Namun, sistem ini dinilai belum sepenuhnya mampu menjamin keadilan dalam pelaksanaan di lapangan.
Banyak orangtua mengeluhkan ketidaksesuaian hasil seleksi, seperti anak-anak mereka yang tinggal dekat sekolah justru tidak diterima, sementara peserta dari wilayah lain berhasil lolos.
Tak hanya itu, dugaan manipulasi domisili melalui pemalsuan Kartu Keluarga (KK) dan perpindahan alamat mendadak kembali mencuat di kota-kota besar seperti Jakarta, Bandung, Surabaya, dan Makassar.
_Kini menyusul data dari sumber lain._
-- ===== src/Interrupts/Tests.antt =====
-- Instances of the theorems on interrupts.
use cuddles.Base.{◌+◌, ◌^◌, ◌≡◌, refl, inl, true, false, none, some, [], arith, testb}
use cuddles.Memory.Layout.{with_size-IsValid}
use cuddles.Memory.{with_size}
use cuddles.Cpu.{Cpu, cs}
use cuddles.Cpu.Start.{with_ram}
use cuddles.Interrupts.{real_int, iret}
use cuddles.Interrupts.Dispatch.{dispatch_exception_raw, contributory, escalates}
use cuddles.Interrupts.Laws.{HasStack, iret-real_int}
use cuddles.Interrupts.Escalation.{dispatch_exception_raw_enough}
use cuddles.Pit
use cuddles.Pic
use cuddles.Pic.{raise_irq, set_bit}
use cuddles.Pic.Valid.{new-IsValid}
use cuddles.Pic.Scan.{first_ready, order}
use cuddles.Kbd
use cuddles.Dma
use cuddles.Ide
use cuddles.Vga
use cuddles.Virtio
use cuddles.Alu.{get_flag}
use cuddles.Bus.{Bus, poll}
use cuddles.Interrupts.Hardware.{deliver_hardware_interrupt, exit_info}
use cuddles.Interrupts.Priority.{served, deliver_hardware_interrupt_lem}

-- A page fault while a page fault is delivered is a double fault; one during a divide error is not.
classes :
    (escalates 0x0E 0x0E ≡ true)
    × (escalates 0x0D 0x0B ≡ true)
    × (escalates 0x00 0x0E ≡ false)
    × (contributory 0x08 ≡ false)
unfolding escalates contributory
classes = (refl, refl, refl, refl)

-- A program in real mode, with interrupts on.
abbrev program : Cpu
program = record (with_ram false 0x20_0000) { regs = λ i. 0x7C00; ip = 0x1234; flags = 0x0202 }

program-HasStack : HasStack program
unfolding with_ram with_size
program-HasStack = record {
  real = refl;
  valid = (with_size-IsValid 0x20_0000 (omega arith)).0;
  sp = omega arith;
  room = omega arith;
  low = omega arith;
  plain = (omega arith, inl (omega arith));
}

iret-real_int_example :
    let r = iret (real_int 8 program) in
    (r.ip ≡ 0x1234)
    × (r.selector cs ≡ 0)
    × (r.flags ≡ 0x0202)
    × (r.regs 4 ≡ 0x7C00)
    × (r.mem ≡ (real_int 8 program).mem)
unfolding with_ram testb
iret-real_int_example =
    iret-real_int 8 program program-HasStack (omega arith) (omega arith) (omega arith) refl

dispatch_exception_raw_enough_example :
    dispatch_exception_raw 7 0x0E (some 2) (with_ram false 0)
    ≡ dispatch_exception_raw 2 0x0E (some 2) (with_ram false 0)
dispatch_exception_raw_enough_example =
    dispatch_exception_raw_enough 5 0x0E (some 2) (with_ram false 0)

-- A key was pressed.
abbrev devices : Bus
devices = record {
  mem = with_size 0x20_0000;
  pit = Pit.new;
  pic = Pic.new;
  vga = Vga.new;
  kbd = record Kbd.new { irq1 = true };
  dma = Dma.new;
  cmos = record { index = 0; ram = λ i. 0; epoch_secs = 0; elapsed_secs = 7; nmi_disabled = false };
  ide = Ide.new;
  pci = record { address = 0; slots = λ i. none };
  virtio = Virtio.new;
  vga_retrace = false;
  pit_subsecond = 0;
  key_script = [];
  key_next = 0;
  instructions_executed = 64;
}

deliver_hardware_interrupt_lem_example :
    (deliver_hardware_interrupt program devices).1
    ≡ served program (poll devices).pic (first_ready (poll devices).pic order)
unfolding with_ram get_flag
deliver_hardware_interrupt_lem_example =
    deliver_hardware_interrupt_lem program devices new-IsValid refl

-- An interrupt is not taken while IF is clear, nor between two polls.
held_back :
    ((deliver_hardware_interrupt (record program { flags = 2 }) devices).1
      ≡ record program { flags = 2 })
    × ((deliver_hardware_interrupt program (record devices { instructions_executed = 65 })).1
        ≡ program)
    × (exit_info (some 0x21) ≡ 2 ^ 31 + 0x21)
unfolding deliver_hardware_interrupt get_flag with_ram
held_back = (refl, refl, refl)
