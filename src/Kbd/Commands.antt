-- ===== src/Kbd/Commands.antt =====
-- Exchanges of several bytes with the controller and the keyboard of src/kbd.rs.
use mathlib.Core.List.{append_assoc}
use cuddles.Base.{ℕ, ◌≡◌, refl, ◌∙◌, true, false, none, List, [], ◌∷◌, ◌++◌, ◌⊎◌, inl, inr}
use cuddles.Kbd.{Kbd, Entry, ack, reply, refresh_irq, push_scancode, write_command, write_data}

-- What an exchange leaves: `answer` at the end of the buffer, no argument awaited, and the command
-- byte and the scanning state as they were.
pub record Answers (answer : List Entry) (k k' : Kbd) : Type 0 where
  pub answered : k'.out ≡ k.out ++ answer
  pub no_argument : (k'.pending ≡ none) × (k'.dev_pending ≡ none)
  pub ctr_kept : k'.ctr ≡ k.ctr
  pub scanning_kept : k'.scanning ≡ k.scanning

-- The keyboard commands with an argument: set LEDs and set typematic rate.
abbrev pub TakesArgument : ℕ → Type 0
TakesArgument cmd = (cmd ≡ 0xED) ⊎ (cmd ≡ 0xF3)

abbrev pub IsIdle : Kbd → Type 0
IsIdle k = (k.pending ≡ none) × (k.dev_pending ≡ none)

device_pair :
    (cmd val : ℕ) (k : Kbd)
    → TakesArgument cmd
    → k.pending ≡ none
    → k.dev_pending ≡ none
    → let k' = write_data val (write_data cmd k) in
      (k'.out ≡ (k.out ++ (ack, false) ∷ []) ++ (ack, false) ∷ [])
      × (k'.pending ≡ none)
      × (k'.dev_pending ≡ none)
      × (k'.ctr ≡ k.ctr)
      × (k'.scanning ≡ k.scanning)
unfolding write_data reply refresh_irq
device_pair cmd val k (inl e) p d = rw (e, p, d) (refl, refl, refl, refl, refl)
device_pair cmd val k (inr e) p d = rw (e, p, d) (refl, refl, refl, refl, refl)

-- With no argument awaited, the keyboard commands 0xED and 0xF3 and their argument, any byte, are
-- acknowledged once each; nothing is awaited afterwards, and the control byte and scanning are
-- kept.
pub device_argument_exchange :
    (cmd val : ℕ) (k : Kbd)
    → TakesArgument cmd
    → IsIdle k
    → Answers ((ack, false) ∷ (ack, false) ∷ []) k (write_data val (write_data cmd k))
device_argument_exchange cmd val k takes idle =
    let r = device_pair cmd val k takes idle.0 idle.1 in
    record {
      answered = r.0 ∙ append_assoc k.out _ _;
      no_argument = (r.1, r.2);
      ctr_kept = r.3;
      scanning_kept = r.4;
    }

-- A byte sent to the auxiliary device is answered by nothing, in any state: there is no mouse.
pub no_mouse :
    (val : ℕ) (k : Kbd)
    → let k' = write_data val (write_command 0xD4 k) in
      (k'.out ≡ k.out) × (k'.pending ≡ none) × (k'.ctr ≡ k.ctr) × (k'.irq1 ≡ k.irq1)
unfolding write_data write_command
no_mouse val k = (refl, refl, refl, refl)

-- After the keyboard is told to stop scanning, key events from the host are dropped; after it is
-- told to scan again they are queued behind the acknowledgement.
pub scanning_gate :
    (scancode : ℕ) (k : Kbd)
    → IsIdle k
    → let off = write_data 0xF5 k in
      let on = write_data 0xF4 k in
      (push_scancode scancode off ≡ off)
      × ((push_scancode scancode on).out ≡ on.out ++ (scancode, false) ∷ [])
      × (on.driver_attached ≡ true)
unfolding write_data push_scancode reply refresh_irq
scanning_gate scancode k idle = rw (idle.0, idle.1) (refl, refl, refl)
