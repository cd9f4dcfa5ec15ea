-- ===== src/Kbd/Irq.antt =====
-- IRQ1 and the status register follow the output buffer of src/kbd.rs.
use cuddles.Base.{
  ℕ, ◌^◌, ◌≡◌, refl, Bool, true, false, not, ◌&&◌, ◌||◌, Option, none, some, List, [], ◌∷◌, ◌++◌,
  arith, bit_and, bit_or, ◌==◌, bit_not, has_bits, testb, testb-bit_or, testb-bit_and, has_bits-pow,
  testb-pow,
}
use cuddles.Kbd.{
  Kbd, new, reply, reply_aux, refresh_irq, flag, keyboard_head, aux_head, is_empty, push_scancode,
  read_data, read_status, command, write_command, argument, device_argument, device_command,
  data_byte, write_data, Access, to_command, to_data, from_host, from_data, polled, access,
  accesses,
}

-- IRQ1 is asserted exactly when the byte at the head came from the keyboard and bit 0 of the
-- controller command byte enables its interrupt.
abbrev IrqFollows : Kbd → Type 0
IrqFollows k = k.irq1 ≡ keyboard_head k.out && testb k.ctr 0

-- A request stands only for a keyboard byte at the head whose interrupt is enabled, and for such a
-- byte there is a request unless the CPU has noticed one.
abbrev pub IrqTells : Bool → Kbd → Type 0
IrqTells n k =
    let wanted = keyboard_head k.out && testb k.ctr 0 in
    ((not k.irq1 || wanted) && (not wanted || (k.irq1 || n))) ≡ true

IrqFollows-IrqTells : (n : Bool) (k : Kbd) → IrqFollows k → IrqTells n k
IrqFollows-IrqTells n k h = ground (arith, h)

refresh_irq-IrqFollows : (k : Kbd) → IrqFollows (refresh_irq k)
unfolding refresh_irq
refresh_irq-IrqFollows k = ground (arith, has_bits-pow k.ctr 0)

reply-IrqFollows : (byte : ℕ) (k : Kbd) → IrqFollows (reply byte k)
unfolding reply
reply-IrqFollows byte k = ground (arith, has_bits-pow k.ctr 0)

-- The other bits of the command byte do not touch bit 0.
set-bit0 : (ctr mask : ℕ) → testb mask 0 ≡ false → testb (bit_or ctr mask) 0 ≡ testb ctr 0
set-bit0 ctr mask h = ground (arith, testb-bit_or ctr mask 0)

keep-bit0 : (ctr mask : ℕ) → testb mask 0 ≡ true → testb (bit_and ctr mask) 0 ≡ testb ctr 0
keep-bit0 ctr mask h = ground (arith, testb-bit_and ctr mask 0)

command-IrqTells : (n : Bool) (cmd : ℕ) (k : Kbd) → IrqTells n k → IrqTells n (command cmd k)
unfolding command
command-IrqTells n cmd k h = ground (
  arith,
  reply-IrqFollows k.ctr k,
  reply-IrqFollows 0 k,
  reply-IrqFollows 0xFF k,
  reply-IrqFollows 0x02 k,
  reply-IrqFollows 0x55 (record k { ctr = bit_or k.ctr 4 }),
  set-bit0 k.ctr 0x20 (unfold testb in refl),
  set-bit0 k.ctr 0x10 (unfold testb in refl),
  keep-bit0 k.ctr (bit_not 8 0x20) (unfold testb in refl),
  keep-bit0 k.ctr (bit_not 8 0x10) (unfold testb in refl),
)

argument-IrqTells :
    (n : Bool) (cmd val : ℕ) (k : Kbd) → IrqTells n k → IrqTells n (argument cmd val k)
unfolding argument reply_aux
argument-IrqTells n cmd val k h = ground (
  arith,
  refresh_irq-IrqFollows (record k { ctr = val }),
  reply-IrqFollows val k,
  refresh_irq-IrqFollows (record k { out = k.out ++ (val, true) ∷ [] }),
)

device_argument-IrqFollows : (cmd val : ℕ) (k : Kbd) → IrqFollows (device_argument cmd val k)
unfolding device_argument
device_argument-IrqFollows cmd val k =
    ground (arith, reply-IrqFollows 0xFA k, reply-IrqFollows 0x02 (reply 0xFA k))

device_command-IrqFollows : (val : ℕ) (k : Kbd) → IrqFollows (device_command val k)
unfolding device_command
device_command-IrqFollows val k = ground (
  arith,
  reply-IrqFollows 0xAA (reply 0xFA k),
  reply-IrqFollows 0xEE k,
  reply-IrqFollows 0x83 (reply 0xAB (reply 0xFA k)),
  reply-IrqFollows 0xFA (record k { scanning = true; driver_attached = true }),
  reply-IrqFollows 0xFA (record k { scanning = false }),
  reply-IrqFollows 0xFA (record k { dev_pending = some val }),
  reply-IrqFollows 0xFA k,
)

data_byte-IrqTells :
    (n : Bool) (pending dev : Option ℕ) (val : ℕ) (k : Kbd)
    → IrqTells n k
    → IrqTells n (data_byte pending dev val k)
unfolding data_byte
data_byte-IrqTells n (some cmd) dev val k h =
    argument-IrqTells n cmd val (record k { pending = none }) h
data_byte-IrqTells n none (some cmd) val k h =
    IrqFollows-IrqTells n (device_argument cmd val (record k { dev_pending = none }))
      (device_argument-IrqFollows cmd val (record k { dev_pending = none }))
data_byte-IrqTells n none none val k h =
    IrqFollows-IrqTells n (device_command val k) (device_command-IrqFollows val k)

-- Whether the CPU has taken a request for the byte at the head.
abbrev pub noticed : Access → Kbd → Bool → Bool
noticed polled k n = n || k.irq1
noticed from_data k n = false
noticed _ k n = n

abbrev pub all_noticed : List Access → Kbd → Bool → Bool
all_noticed [] k n = n
all_noticed (a ∷ rest) k n = all_noticed rest (access a k) (noticed a k n)

access-IrqTells :
    (a : Access) (n : Bool) (k : Kbd) → IrqTells n k → IrqTells (noticed a k n) (access a k)
unfolding write_command write_data push_scancode read_data
access-IrqTells (to_command cmd) n k h = command-IrqTells n cmd (record k { cmd_written = true }) h
access-IrqTells (to_data val) n k h =
    data_byte-IrqTells n k.pending k.dev_pending val (record k { cmd_written = false }) h
access-IrqTells (from_host scancode) n k h = ground (arith, reply-IrqFollows scancode k, h)
access-IrqTells from_data n k h = ground (arith, has_bits-pow k.ctr 0)
access-IrqTells polled n k h = ground (arith, h)

-- After any sequence of port accesses, host key events and polls of the CPU, each of which takes
-- the request away, from a state in which it is so: if IRQ1 is requested, a keyboard byte is at
-- the head of the buffer and its interrupt is enabled; and if such a byte is there, IRQ1 is
-- requested, or the CPU has taken a request since the data port was last read.
pub accesses-IrqTells :
    (acts : List Access) (n : Bool) (k : Kbd)
    → IrqTells n k
    → IrqTells (all_noticed acts k n) (accesses acts k)
accesses-IrqTells [] n k h = h
accesses-IrqTells (a ∷ rest) n k h =
    accesses-IrqTells rest (noticed a k n) (access a k) (access-IrqTells a n k h)

pub new-IrqTells : IrqTells false new
unfolding new
new-IrqTells = refl

flag_bit : (b : Bool) (i s k : ℕ) → testb (flag b (2 ^ i) s) k ≡ testb s k || (b && (i == k))
flag_bit true i s k = rw (testb-bit_or, testb-pow)
flag_bit false i s k = ground arith

-- Each bit of the status register: bit 0 a byte is waiting, bit 2 the system flag of the command
-- byte, bit 3 the last write was to port 0x64, bit 4 always set, bit 5 the waiting byte is the
-- auxiliary port's; the other bits are clear.
pub read_status_bits :
    (k : Kbd) (i : ℕ)
    → testb (read_status k) i
      ≡ (i == 4)
        || (not (is_empty k.out) && (i == 0))
        || (testb k.ctr 2 && (i == 2))
        || (k.cmd_written && (i == 3))
        || (aux_head k.out && (i == 5))
unfolding read_status
read_status_bits k i =
    let s1 = flag (not (is_empty k.out)) 1 0x10 in
    let s2 = flag (has_bits k.ctr 4) 4 s1 in
    let s3 = flag k.cmd_written 8 s2 in
    ground (
      arith,
      flag_bit (aux_head k.out) 5 s3 i,
      flag_bit k.cmd_written 3 s2 i,
      flag_bit (has_bits k.ctr 4) 2 s1 i,
      flag_bit (not (is_empty k.out)) 0 0x10 i,
      testb-pow 4 i,
      has_bits-pow k.ctr 2,
    )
Salah satu kasus mencolok terjadi di Kota Bandung, di mana Wali Kota Muhammad Farhan mengungkap temuan Tim Siber Pungli yang mendapati adanya indikasi jual beli kursi di empat SMP. Disebutkan, pungli yang dipatok berkisar antara Rp5 juta hingga Rp8 juta untuk satu kursi.
Lebih dari 100 laporan terkait praktik pungli juga diterima Ombudsman, termasuk dugaan pungli berkedok sumbangan komite sekolah.
Menanggapi hal ini, Esti menegaskan perlunya tindakan hukum terhadap segala bentuk penyimpangan.
“Praktik pungli dan manipulasi data harus ditindak tegas. Pendidikan adalah hak setiap anak, bukan ajang spekulasi yang mengorbankan masa depan mereka,” tegasnya.
Legislator dari Daerah Istimewa Yogyakarta (DIY) ini menyebut bahwa sistem SPMB seharusnya sudah lebih baik dari pendahulunya karena dibangun berdasarkan hasil evaluasi dari pelaksanaan PPDB sebelumnya.
“Sistem sesungguhnya sudah berdasarkan kajian dan evaluasi dari sistem yang lalu. Seharusnya sudah semakin baik jika semua punya niat untuk melaksanakan sebaik mungkin dan jujur,” jelasnya.
Namun demikian, ia juga mengakui bahwa masih terdapat kendala teknis yang perlu dibenahi. Mulai dari orangtua yang belum terbiasa dengan teknologi, hingga kapasitas perangkat server sekolah yang belum memadai.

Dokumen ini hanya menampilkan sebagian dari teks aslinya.